What needs to be done:
Some of the lines below need repeating. Reproduce exactly those between the lines holding "rest else rest)" and "(before pids : List", inclusive.

----- Task material -----

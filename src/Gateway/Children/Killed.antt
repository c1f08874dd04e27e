-- ===== src/Gateway/Children/Killed.antt =====
-- Which processes are killed.
use Prim.Native.Char.{code}
use Prim.Native.String.{[], ◌∷◌}
use mathlib.Core.List.{[], ◌∷◌, map-append}
use text.Mathlib.TextLemmas as Text
use bypath.Base.{
  ℕ, ◌+◌, ◌*◌, ◌^◌, ◌<◌, String, string_eq, nat_eq, Bool, true, false, ◌&&◌, ◌==◌, if◌then◌else◌,
  List, ◌++◌, Option, none, some, ltb, ◌<>◌, split, join, whole_lines, whole_lines-append,
  split-join, contains, trim_space, trim_left, trim_right, is_space, format_nat, is_digit, IsDigits,
  StartsInDigit, format_nat-IsDigits, format_nat-StartsInDigit, digit, digit-code, cancel_zero,
  value-format_nat, All, All-mapped, select, map, ◌≡◌, refl, ap, sym, ◌∙◌, arith, cons-ne_empty,
  append-ne_empty, append-nil, append_assoc, trim_prefix, cut_prefix,
}
use bypath.Gateway.Children.{
  track_child_pid, kill_tracked_children, killed_in, killed_by, scan_pid, leading_value,
}
use bypath.Gateway.Hosts.{newline}

space_of_digit : (c : ℕ) → is_digit c ≡ true → is_space c ≡ false
unfolding is_digit is_space
space_of_digit c h = ground (arith, h)

newline_of_digit : (c : ℕ) → is_digit c ≡ true → (c == b'\n') ≡ false
unfolding is_digit
newline_of_digit c h = ground (arith, h)

trim_left-digit : (s : String) → StartsInDigit s → trim_left s ≡ s
unfolding trim_left
trim_left-digit [] h = absurd h
trim_left-digit (c ∷ s) h = rw (space_of_digit (code c) h) refl

trim_right-digits : (s : String) → IsDigits s → trim_right s ≡ s
unfolding trim_right
trim_right-digits [] h = refl
trim_right-digits (c ∷ s) (h, hs) =
    rw (space_of_digit (code c) h) (ap (λ t. c ∷ t) (trim_right-digits s hs))

kept_cons : (b : Bool) (s : String) → ◌≡◌ {A = String} (if b && false then "" else s) s
kept_cons true s = refl
kept_cons false s = refl

ne_empty_of_digit : (s : String) → StartsInDigit s → (s == "") ≡ false
ne_empty_of_digit [] h = absurd h
ne_empty_of_digit (c ∷ s) h = cons-ne_empty c s

trim_right-append :
    (s t : String) → (t == "") ≡ false → trim_right t ≡ t → trim_right (s <> t) ≡ s <> t
unfolding trim_right
trim_right-append [] t h e = ap trim_right (Text.nil-append t) ∙ e ∙ sym (Text.nil-append t)
trim_right-append (c ∷ s) t h e = rw (Text.cons-append c s t) (
    rw (trim_right-append s t h e, trim_right)
      (rw (append-ne_empty s t h) (kept_cons (is_space (code c)) (c ∷ (s <> t)))))

trim_right-newline : (s : String) → trim_right (s <> "\n") ≡ trim_right s
unfolding trim_right is_space
trim_right-newline [] = refl
trim_right-newline (c ∷ s) =
    rw (Text.cons-append c s "\n") (rw (trim_right-newline s, trim_right) refl)

-- A line of a printed number.
abbrev Printed : String → Type 0
Printed s = StartsInDigit s × IsDigits s

append-StartsInDigit : (s t : String) → StartsInDigit s → StartsInDigit (s <> t)
append-StartsInDigit [] t h = absurd h
append-StartsInDigit (c ∷ s) t h = rw (Text.cons-append c s t) h

join-StartsInDigit :
    (x : String) (xs : List String) → StartsInDigit x → StartsInDigit (join newline (x ∷ xs))
unfolding join
join-StartsInDigit x [] h = h
join-StartsInDigit [] (y ∷ xs) h = absurd h
join-StartsInDigit (c ∷ x) (y ∷ xs) h =
    rw (Text.cons-append c x (newline ∷ join newline (y ∷ xs))) h

trim_right-join :
    (x : String) (xs : List String)
    → All Printed (x ∷ xs)
    → trim_right (join newline (x ∷ xs)) ≡ join newline (x ∷ xs)
unfolding join trim_right
trim_right-join x [] (h, _) = trim_right-digits x h.1
trim_right-join x (y ∷ xs) (h, rest) =
    trim_right-append x (newline ∷ join newline (y ∷ xs)) (cons-ne_empty _ _) (
      rw (trim_right-join y xs rest, trim_right)
        (rw (ne_empty_of_digit _ (join-StartsInDigit y xs rest.0.0))
          (kept_cons (is_space b'\n') _)))

whole_lines-join :
    (x : String) (xs : List String) → whole_lines newline (x ∷ xs) ≡ join newline (x ∷ xs) <> "\n"
unfolding join
whole_lines-join x [] = refl
whole_lines-join x (y ∷ xs) =
    ap (λ t. x <> (newline ∷ t)) (whole_lines-join y xs)
    ∙ ap (λ t. x <> t) (sym (Text.cons-append newline (join newline (y ∷ xs)) "\n"))
    ∙ sym (Text.append_assoc x (newline ∷ join newline (y ∷ xs)) "\n")

trim_space-lines :
    (x : String) (xs : List String)
    → All Printed (x ∷ xs)
    → trim_space (whole_lines newline (x ∷ xs)) ≡ join newline (x ∷ xs)
unfolding trim_space
trim_space-lines x xs h =
    ap trim_space (whole_lines-join x xs)
    ∙ ap trim_right
        (trim_left-digit _ (append-StartsInDigit _ "\n" (join-StartsInDigit x xs h.0.0)))
    ∙ trim_right-newline (join newline (x ∷ xs))
    ∙ trim_right-join x xs h

trim_plus : (s : String) → StartsInDigit s → trim_prefix s "+" ≡ s
unfolding trim_prefix cut_prefix is_digit
trim_plus [] h = absurd h
trim_plus (c ∷ s) h = ground (arith, h)

leading_value-digit :
    (n d : ℕ) (s : String) → d < 10 → leading_value n (digit d ∷ s) ≡ leading_value (n * 10 + d) s
unfolding leading_value
leading_value-digit n d s h =
    rw (digit-code d h) (ground (arith, h, ap (λ k. leading_value (n * 10 + k) s) (cancel_zero d)))

scan_pid-format_nat : (pid : ℕ) → pid < 2 ^ 63 → scan_pid (format_nat pid) ≡ pid
unfolding scan_pid leading_value
scan_pid-format_nat pid h =
    rw (trim_plus (format_nat pid) (format_nat-StartsInDigit pid))
      (rw (value-format_nat leading_value leading_value-digit pid) (ground (arith, h)))

trim_space-digits : (s : String) → Printed s → trim_space s ≡ s
unfolding trim_space
trim_space-digits s (h, hs) = ap trim_right (trim_left-digit s h) ∙ trim_right-digits s hs

Printed-IsLine : (s : String) → IsDigits s → contains b'\n' s ≡ false
unfolding contains
Printed-IsLine [] h = refl
Printed-IsLine (c ∷ s) (h, hs) = rw (newline_of_digit (code c) h) (Printed-IsLine s hs)

-- a process that may be killed
abbrev is_own : ℕ → Bool
is_own pid = ltb 1 pid

killed_by-format_nat :
    (pid : ℕ) (rest : List ℕ)
    → pid < 2 ^ 63
    → killed_by (format_nat pid) rest ≡ (if is_own pid then pid ∷ rest else rest)
unfolding killed_by
killed_by-format_nat pid rest h =
    let starts = format_nat-StartsInDigit pid in
    rw (trim_space-digits (format_nat pid) (starts, format_nat-IsDigits pid)) (
      rw (ne_empty_of_digit (format_nat pid) starts)
        (rw (scan_pid-format_nat pid h) (ground arith)))

killed_in-lines :
    (pids : List ℕ)
    → All (λ pid. pid < 2 ^ 63) pids
    → killed_in (map format_nat pids) ≡ select is_own pids
unfolding killed_in select
killed_in-lines [] h = refl
killed_in-lines (pid ∷ pids) (h, hs) =
    killed_by-format_nat pid (killed_in (map format_nat pids)) h
    ∙ ap (λ r. if is_own pid then pid ∷ r else r) (killed_in-lines pids hs)

-- the file behind some starts
unfoldable tracked : Option String → List ℕ → Option String
tracked file [] = file
tracked file (pid ∷ pids) = tracked (track_child_pid pid file) pids

abbrev file_of : List ℕ → String
file_of pids = whole_lines newline (map format_nat pids)

tracked-file_of :
    (before pids : List ℕ) → tracked (some (file_of before)) pids ≡ some (file_of (before ++ pids))
unfolding tracked track_child_pid
tracked-file_of before [] = ap (λ l. some (file_of l)) (sym (append-nil before))
tracked-file_of before (pid ∷ pids) =
    ap (λ t. tracked (some t) pids)
      (whole_lines-append newline (map format_nat before) (format_nat pid)
        ∙ ap (λ l. whole_lines newline l) (sym (map-append format_nat before (pid ∷ []))))
    ∙ tracked-file_of (before ++ (pid ∷ [])) pids
    ∙ ap (λ l. some (file_of l)) (append_assoc before (pid ∷ []) pids)

abbrev no_file : Option String
no_file = none

killed-file_of :
    (pid : ℕ) (pids : List ℕ)
    → All (λ pid. pid < 2 ^ 63) (pid ∷ pids)
    → kill_tracked_children (some (file_of (pid ∷ pids))) ≡ (select is_own (pid ∷ pids), none)
unfolding kill_tracked_children
killed-file_of pid pids h =
    let printed = map format_nat pids in
    let lines : All (λ s. contains b'\n' s ≡ false) (format_nat pid ∷ printed) = (
      Printed-IsLine _ (format_nat-IsDigits pid),
      All-mapped (λ s. contains b'\n' s ≡ false) format_nat pids
          (λ n. Printed-IsLine _ (format_nat-IsDigits n)),
    ) in
    ap (λ s. (killed_in (split b'\n' s), no_file))
      (trim_space-lines (format_nat pid) printed (
        (format_nat-StartsInDigit pid, format_nat-IsDigits pid),
        All-mapped Printed format_nat pids
            (λ n. (format_nat-StartsInDigit n, format_nat-IsDigits n)),
      ))
    ∙ ap (λ ls. (killed_in ls, no_file)) (split-join newline (format_nat pid) printed lines)
    ∙ ap (λ ps. (ps, no_file)) (killed_in-lines (pid ∷ pids) h)

-- The processes that were tracked are killed, in the order of their starts, but for numbers below two,
-- and the file is removed, if each number fits an `int`.
kill_tracked_children-tracked :
    (pids : List ℕ)
    → All (λ pid. pid < 2 ^ 63) pids
    → kill_tracked_children (tracked none pids) ≡ (select is_own pids, none)
unfolding tracked track_child_pid join kill_tracked_children select
kill_tracked_children-tracked [] h = refl
kill_tracked_children-tracked (pid ∷ pids) h =
    ap kill_tracked_children (tracked-file_of [] (pid ∷ pids)) ∙ killed-file_of pid pids h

-----

Response:
    → killed_by (format_nat pid) rest ≡ (if is_own pid then pid ∷ rest else rest)
unfolding killed_by
killed_by-format_nat pid rest h =
    let starts = format_nat-StartsInDigit pid in
    rw (trim_space-digits (format_nat pid) (starts, format_nat-IsDigits pid)) (
      rw (ne_empty_of_digit (format_nat pid) starts)
        (rw (scan_pid-format_nat pid h) (ground arith)))

killed_in-lines :
    (pids : List ℕ)
    → All (λ pid. pid < 2 ^ 63) pids
    → killed_in (map format_nat pids) ≡ select is_own pids
unfolding killed_in select
killed_in-lines [] h = refl
killed_in-lines (pid ∷ pids) (h, hs) =
    killed_by-format_nat pid (killed_in (map format_nat pids)) h
    ∙ ap (λ r. if is_own pid then pid ∷ r else r) (killed_in-lines pids hs)

-- the file behind some starts
unfoldable tracked : Option String → List ℕ → Option String
tracked file [] = file
tracked file (pid ∷ pids) = tracked (track_child_pid pid file) pids

abbrev file_of : List ℕ → String
file_of pids = whole_lines newline (map format_nat pids)

tracked-file_of :
    (before pids : List ℕ) → tracked (some (file_of before)) pids ≡ some (file_of (before ++ pids))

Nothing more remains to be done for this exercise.